THE INPUT:
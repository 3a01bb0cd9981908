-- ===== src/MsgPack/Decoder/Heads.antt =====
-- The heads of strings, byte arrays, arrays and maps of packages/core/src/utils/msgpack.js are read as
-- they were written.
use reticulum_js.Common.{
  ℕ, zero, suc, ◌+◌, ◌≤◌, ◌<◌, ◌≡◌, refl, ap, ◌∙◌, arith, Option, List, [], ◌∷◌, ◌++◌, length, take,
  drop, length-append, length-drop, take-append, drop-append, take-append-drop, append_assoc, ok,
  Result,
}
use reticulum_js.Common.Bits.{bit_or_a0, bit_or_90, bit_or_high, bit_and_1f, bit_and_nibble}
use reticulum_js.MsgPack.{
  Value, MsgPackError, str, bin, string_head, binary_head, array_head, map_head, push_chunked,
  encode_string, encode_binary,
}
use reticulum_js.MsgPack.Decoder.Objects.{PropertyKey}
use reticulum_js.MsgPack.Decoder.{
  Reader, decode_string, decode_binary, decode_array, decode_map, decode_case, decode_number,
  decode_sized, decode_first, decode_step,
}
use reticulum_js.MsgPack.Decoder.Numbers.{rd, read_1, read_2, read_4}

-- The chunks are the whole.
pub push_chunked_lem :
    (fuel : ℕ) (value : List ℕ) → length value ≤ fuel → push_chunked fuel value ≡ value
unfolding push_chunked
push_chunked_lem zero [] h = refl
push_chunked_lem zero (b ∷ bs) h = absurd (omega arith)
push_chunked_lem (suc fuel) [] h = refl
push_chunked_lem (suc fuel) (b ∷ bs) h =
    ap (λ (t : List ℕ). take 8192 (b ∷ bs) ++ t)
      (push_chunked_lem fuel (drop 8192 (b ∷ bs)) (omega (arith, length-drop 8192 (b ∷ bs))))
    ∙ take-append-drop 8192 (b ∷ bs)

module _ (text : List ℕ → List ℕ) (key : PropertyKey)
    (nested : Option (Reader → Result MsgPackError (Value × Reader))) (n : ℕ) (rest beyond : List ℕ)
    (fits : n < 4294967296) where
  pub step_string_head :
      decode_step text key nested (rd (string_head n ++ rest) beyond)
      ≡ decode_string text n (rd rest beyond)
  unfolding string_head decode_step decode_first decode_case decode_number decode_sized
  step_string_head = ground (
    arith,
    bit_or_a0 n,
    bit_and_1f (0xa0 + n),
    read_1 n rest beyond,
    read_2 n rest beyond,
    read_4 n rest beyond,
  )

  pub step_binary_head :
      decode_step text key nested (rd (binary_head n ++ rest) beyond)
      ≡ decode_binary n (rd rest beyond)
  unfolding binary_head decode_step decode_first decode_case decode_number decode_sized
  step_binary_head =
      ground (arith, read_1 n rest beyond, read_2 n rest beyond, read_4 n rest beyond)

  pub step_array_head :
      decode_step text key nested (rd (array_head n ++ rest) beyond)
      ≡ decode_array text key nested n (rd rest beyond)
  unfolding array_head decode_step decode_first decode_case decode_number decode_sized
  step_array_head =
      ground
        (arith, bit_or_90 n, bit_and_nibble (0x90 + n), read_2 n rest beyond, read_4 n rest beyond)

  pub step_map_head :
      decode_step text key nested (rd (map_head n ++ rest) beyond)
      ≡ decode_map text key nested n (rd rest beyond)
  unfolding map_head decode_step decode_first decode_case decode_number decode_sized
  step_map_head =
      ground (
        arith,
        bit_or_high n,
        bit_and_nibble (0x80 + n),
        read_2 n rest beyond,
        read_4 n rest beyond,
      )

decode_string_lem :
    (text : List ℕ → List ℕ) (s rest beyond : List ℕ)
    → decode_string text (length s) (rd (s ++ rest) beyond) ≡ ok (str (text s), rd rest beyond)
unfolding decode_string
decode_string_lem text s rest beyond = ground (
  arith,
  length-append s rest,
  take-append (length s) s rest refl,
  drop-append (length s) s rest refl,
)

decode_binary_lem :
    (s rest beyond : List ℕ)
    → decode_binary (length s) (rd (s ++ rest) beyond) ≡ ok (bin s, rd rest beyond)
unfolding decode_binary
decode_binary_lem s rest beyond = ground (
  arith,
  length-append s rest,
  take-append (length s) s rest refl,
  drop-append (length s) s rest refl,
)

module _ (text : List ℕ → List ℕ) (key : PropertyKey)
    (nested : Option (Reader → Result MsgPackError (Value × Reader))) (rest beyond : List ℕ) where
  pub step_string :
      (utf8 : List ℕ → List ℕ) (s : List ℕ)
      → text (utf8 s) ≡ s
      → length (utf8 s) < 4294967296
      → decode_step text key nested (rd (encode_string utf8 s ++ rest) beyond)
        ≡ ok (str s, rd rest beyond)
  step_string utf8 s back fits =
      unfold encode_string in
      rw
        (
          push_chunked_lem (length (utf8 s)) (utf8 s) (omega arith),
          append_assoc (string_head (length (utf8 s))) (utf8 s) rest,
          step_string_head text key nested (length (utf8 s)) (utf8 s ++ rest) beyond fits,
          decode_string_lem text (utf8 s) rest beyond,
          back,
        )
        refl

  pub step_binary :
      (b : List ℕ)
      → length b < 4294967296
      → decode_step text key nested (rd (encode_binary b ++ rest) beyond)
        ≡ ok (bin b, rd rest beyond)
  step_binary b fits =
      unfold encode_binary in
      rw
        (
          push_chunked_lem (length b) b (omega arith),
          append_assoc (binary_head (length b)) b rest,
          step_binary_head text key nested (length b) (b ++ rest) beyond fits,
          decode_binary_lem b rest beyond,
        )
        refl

YOUR GOAL:
Retype word for word the line above with "step_string utf8 s" and all lines after it, nothing else.

SOLUTION TO THIS TASK:
  step_string utf8 s back fits =
      unfold encode_string in
      rw
        (
          push_chunked_lem (length (utf8 s)) (utf8 s) (omega arith),
          append_assoc (string_head (length (utf8 s))) (utf8 s) rest,
          step_string_head text key nested (length (utf8 s)) (utf8 s ++ rest) beyond fits,
          decode_string_lem text (utf8 s) rest beyond,
          back,
        )
        refl

  pub step_binary :
      (b : List ℕ)
      → length b < 4294967296
      → decode_step text key nested (rd (encode_binary b ++ rest) beyond)
        ≡ ok (bin b, rd rest beyond)
  step_binary b fits =
      unfold encode_binary in
      rw
        (
          push_chunked_lem (length b) b (omega arith),
          append_assoc (binary_head (length b)) b rest,
          step_binary_head text key nested (length b) (b ++ rest) beyond fits,
          decode_binary_lem b rest beyond,
        )
        refl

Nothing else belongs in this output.